Pimpla rufipes

Pimpla rufipes
	Male Pimpla cf. rufipes
Scientific classification
Domain:	Eukaryota
Kingdom:	Animalia
Phylum:	Arthropoda
Class:	Insecta
Order:	Hymenoptera
Family:	Ichneumonidae
Genus:	Pimpla
Species:	P. rufipes
Binomial name
	Pimpla rufipes; (Miller, 1759)
Synonyms
	Pimpla instigator(Fabricius, 1793); Pimpla hypochondriaca(Retzius, 1783); Ichneumon instigatorFabricius, 1793; Ichneumon hypochondriacaRetzius, 1783; Ichneumon rufipesMiller, 1759;

Last updated August 12, 2023

Pimpla rufipes, the black slip wasp, is a species of wasp belonging to the family Ichneumonidae.^[1]^[2] It is distributed across Europe, Asia, and northern Africa.^[3]^[4]

Taxonomy

The species Pimpla rufipes has several synonyms, which include Pimpla hypochondriaca and Pimpla instigator. Pimpla instigator(Fabricius, 1793) has been permanently rejected under the International code of Zoological Nomenclature, since the original name Ichneumon instigatorFabricius, 1793 is a junior homonym of Ichneumon instigatorRossius, 1790, which represents a pimpline species outside of the genus Pimpla.^[5]

Distribution and habitat

This species can be found in the following countries: Afghanistan, Albania, Algeria, Armenia, Austria, Azerbaijan, Azores, Belarus, Belgium, Bulgaria, China, Croatia, Cyprus, Czech Republic, Denmark, Egypt, Estonia, Finland, France, Georgia, Germany, Greece, Hungary, India, Iran, Ireland, Italy, Japan, Kazakhstan, Korea, Kyrgyzstan, Latvia, Libya, Lithuania, Macedonia, Madeira Islands, Malta, Moldova, Mongolia, Morocco, Netherlands, Norway, Poland, Romania, Russia, Serbia & Montenegro , Slovakia, Spain, Sri Lanka, Sweden, Switzerland, Tajikistan, Tunisia, Turkey, Turkmenistan, Ukraine, United Kingdom, and Uzbekistan.^[3]^[4] These wasps mainly inhabit hedgerows and vegetated areas.^[6]

Description

Pimpla rufipes can reach a length of about 15 mm (0.59 in) with a rather slender body.^[6] These wasps are generally black with bright orange legs. The hind legs are larger than the other pairs. The ovipositor is straight, quite short and thick, however the male Pimpla rufipes does not have an ovipositor. These wasps are often mistaken for Apechthis compunctor due to having similar size, and the males of both of the species are indistinguishable from photographs. The main key difference between these two species is the ovipositor: Pimpla rufipes females have a straight ovipositor while Apechthis compunctor females have curved ovipositors.^[6]^[7]

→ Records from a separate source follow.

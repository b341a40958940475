-- ===== src/QemuUtils/Tests.antt =====
-- resources/libraries/python/QemuUtils.py: runs of the code, and the theorems at them.
use csit.Base.{true, false, none, [], ◌∷◌, length, map, ◌≡◌, refl}
use csit.Base.Dict.{lookup, insert}
use csit.Base.Int.{pos, show_int, digits_of}
use csit.Base.Result.{runtime_error, type_error, Result, ok, raise}
use csit.Base.Text.{Text, codes, text_eq, strip, lstrip, rstrip, is_space, join}
use csit.Base.Text.Lines.{splitlines}
use csit.OptionString.{
  init, add, add_with_value_from_dict, add_equals_from_dict, add_if_from_dict,
  add_with_value_if_from_dict, check_and_add, add_with_value, extend, converted, to_str,
}
use csit.Ssh.{Reply, no_reply, replied, Answers, Ends}
use csit.QemuUtils.{Node, QemuUtils, init_qemu}
use csit.QemuUtils.Interfaces.{add_vhost_user_if, add_vfio_pci_if, hex_2, mac_of, vhost_name}
use csit.QemuUtils.Process.{qemu_set_affinity, get_qemu_pids, qemu_kill_all}
use csit.DpdkUtil.{
  Kwargs, number, lit_false, get_testpmd_cmdline, get_eal_options, get_testpmd_pmd_options,
}
use csit.QemuUtils.Options.{shown}
use csit.QemuUtils.Testpmd.{create_kernelvm_config_testpmd_io}
use csit.QemuUtils.Affinity.{Pinned, Cleaned, qemu_set_affinity-Ended}
use csit.QemuUtils.Boot.{wait_default, says_booted}
use csit.QemuUtils.Waiting.{LastLine, GivenUp, wait_default-Ended}

abbrev node : Node
node = record {
  host = codes "10.0.0.1";
  port = pos 22;
  username = codes "csit";
  password = codes "csit";
  arch = codes "x86_64";
}

abbrev replying : Text → Result Reply
replying out = ok (replied (pos 0) out [])

-- Two threads, and pinning that succeeds.
abbrev two_threads : Answers
two_threads sent = replying (codes "2101\n2102\n")

abbrev never : Answers
never sent = ok no_reply

-- A machine before its options are added.
abbrev vm : QemuUtils
vm = record {
  nic_id = 0;
  node = node;
  machine_args = codes "pc,accel=kvm,usb=off,mem-merge=off";
  console = codes "ttyS0";
  testpmd_path = codes "/opt/dpdk-20.02/x86_64-native-linux-gcc/app";
  vm_info = record {
    host = codes "10.0.0.1";
    port = 10022;
    serial = 4556;
    username = codes "cisco";
    password = codes "cisco";
    interfaces = [];
    host_port = none;
    host_username = none;
    host_password = none;
  };
  qemu_id = 1;
  mem = 512;
  smp = 2;
  img = codes "/var/lib/vm/image.iso";
  initrd = none;
  vnf = none;
  vnf_bin = none;
  temp =
      (codes "log", codes "/tmp/serial_1.log")
      ∷ (codes "pidfile", codes "/run/qemu_1.pid")
      ∷ (codes "qmp", codes "/run/qmp_1.sock")
      ∷ (codes "qga", codes "/run/qga_1.sock")
      ∷ [];
  params = record { parts = []; prefix = codes "-" };
}

created : init_qemu never node 1 2 512 none (codes "/var/lib/vm/image.iso") [] ≡ ([], ok vm)
unfolding init_qemu text_eq insert init strip lstrip rstrip is_space show_int digits_of
created = refl

unknown_image : init_qemu never node 1 2 512 none (codes "other.iso") [] ≡ ([], raise runtime_error)
unfolding init_qemu text_eq
unknown_image = refl

vfio :
    to_str (add_vfio_pci_if vm (codes "0000:18:00.0")).params
    ≡ codes "-device vfio-pci,host=0000:18:00.0,addr=6.0"
unfolding add_vfio_pci_if add_with_value check_and_add extend init strip lstrip rstrip is_space
    converted join to_str show_int digits_of
vfio = refl

mac : mac_of 1 17 ≡ codes "52:54:00:00:01:11"
unfolding mac_of hex_2
mac = refl

vhost :
    map
      (λ p. p.0)
      (add_vhost_user_if vm (codes "/tmp/s1") true false none 1 false false).vm_info.interfaces
    ≡ codes "vhost1" ∷ []
unfolding add_vhost_user_if vhost_name insert show_int digits_of
vhost = refl

-- One thread where two are listed: three lists, and all is killed.
one_core : length (qemu_set_affinity two_threads vm (4 ∷ []) []).0 ≡ 12
unfolding qemu_set_affinity get_qemu_pids qemu_kill_all splitlines lookup
one_core = refl

two_cores : (qemu_set_affinity two_threads vm (4 ∷ 6 ∷ []) []).1 ≡ ok tt
unfolding qemu_set_affinity get_qemu_pids qemu_kill_all splitlines
two_cores = refl

-- A node that does not answer while the machine boots: not RuntimeError.
no_answer : (wait_default never 60 vm []).1 ≡ raise type_error
unfolding wait_default
no_answer = refl

abbrev kwargs : Kwargs
kwargs = (codes "queues", number "2") ∷ (codes "jumbo_frames", lit_false) ∷ []

shown_bin : Result QemuUtils → Text
shown_bin (raise e) = []
shown_bin (ok self) = shown self.vnf_bin

testpmd_io :
    shown_bin (create_kernelvm_config_testpmd_io vm kwargs)
    ≡ codes
        "/opt/dpdk-20.02/x86_64-native-linux-gcc/app/testpmd -v -l 0-1 -w 0000:00:06.0 -w 0000:00:07.0 --in-memory -- --forward-mode=io --burst=64 --txd=1024 --rxd=1024 --txq=2 --rxq=2 --tx-offloads=0x0 --numa --auto-start --total-num-mbufs=16384 --nb-ports=2 --portmask=0x3 --disable-link-check --max-pkt-len=1518 --mbuf-size=16384 --nb-cores=1"
unfolding shown_bin create_kernelvm_config_testpmd_io get_testpmd_cmdline get_eal_options
    get_testpmd_pmd_options add extend init converted strip lstrip rstrip is_space to_str join
    lookup add_with_value_from_dict add_equals_from_dict add_if_from_dict
    add_with_value_if_from_dict text_eq show_int digits_of
testpmd_io = refl

qemu_set_affinity-Ended_example :
    Ends
      (λ _. Pinned two_threads vm (4 ∷ 6 ∷ []))
      (Cleaned two_threads vm)
      (qemu_set_affinity two_threads vm (4 ∷ 6 ∷ []) [])
qemu_set_affinity-Ended_example = qemu_set_affinity-Ended two_threads vm (4 ∷ 6 ∷ []) []

abbrev booting : Answers
booting sent = replying (codes "vpp v20.09 built by root")

wait_default-Ended_example :
    Ends
      (λ _. LastLine booting says_booted vm)
      (GivenUp booting vm 0 60)
      (wait_default booting 60 vm [])
wait_default-Ended_example = wait_default-Ended booting 60 vm []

The front wing of Pimpla rufipes is 5.5 to 15 mm long. Its hind tibia is without a pale submedian band and the abdomen is finely mat to subpolished, usually rather closely dotted with tiny holes. Its first tergite is long, with a prominent dorsal hump centered just beyond the middle. The upper valve of ovipositor is also not or only weakly flattened.^[8]

Behaviour

A parasitoid of butterfly and moth larvae and pupae, laying an egg in each one.^[9]Pimpla rufipes have preferences in choosing their hosts that are affected by various factors. Research was conducted on cylinders which represent the hosts Pimpla rufipes would normally puncture. The first factor is the texture of the host; smooth cylinders were punctured more often than cylinders that had been roughened with sandpaper. The second factor is colour; the wasps discriminated between yellow and blue cylinders and could remember to associate the colours as a presence of a host, where blue was inherently preferred over yellow.^[10] The last known factor is whether or not a cylinder/host is open or closed ended, where only cylinders that were close ended were frequently punctured.^[10] These factors are tested by the female wasp using its antennae which send vibrations to make the object resonate before determining if the host will make for a suitable oviposition site.^[11] It is still unknown how these vibrations are created from the antennae, and the antennae are not utilized as drumsticks.^[11] However it is known that the wasp does not use a stridulatory organ to generate these noises. This is all part of Pimpla rufipes exploratory behaviour, and acoustic probing allow the females to find and locate prey.^[11]

Reproduction

Pimpla rufipes is a idiobont endoparasitoid which means that hosts do not mature after parasitisation. Pimpla rufipes goes through five stages as a larva. At its first instar, the larva is already very big,^[12] which is why the female can only carry few eggs at a time. Pimpla rufipes goes through morphogical changes at every instar, which mostly last 24 hours each, although the fifth and last instar lasts for around 9 days on average.^[13]

Diet

The larvae and adult versions of Pimpla rufipes feed on different food. The main hosts of this parasitic wasp are the large white butterfly ( Pieris brassicae ) and the spongy moth ( Lymantria dispar ).^[14] The larvae feed on the hosts that have been through parasitisation, one example of which is the tomato moth, Lacanobia oleracea.^[13] On the other hand, adults mainly feed on flowers.^[6]

Venom

Pimpla rufipes is known to have a substantial amount of venom which is cytotoxic (causing cell death) and can paralyze its hosts.^[13] This paralysis of its hosts is due to a paralytic substance called pimplin in its venom, which allows for an easy oviposition. Furthermore the venom of Pimpla rufipes has antibacterial properties to prevent bacterial entry into the host, similarly to other idiobont species.^[13]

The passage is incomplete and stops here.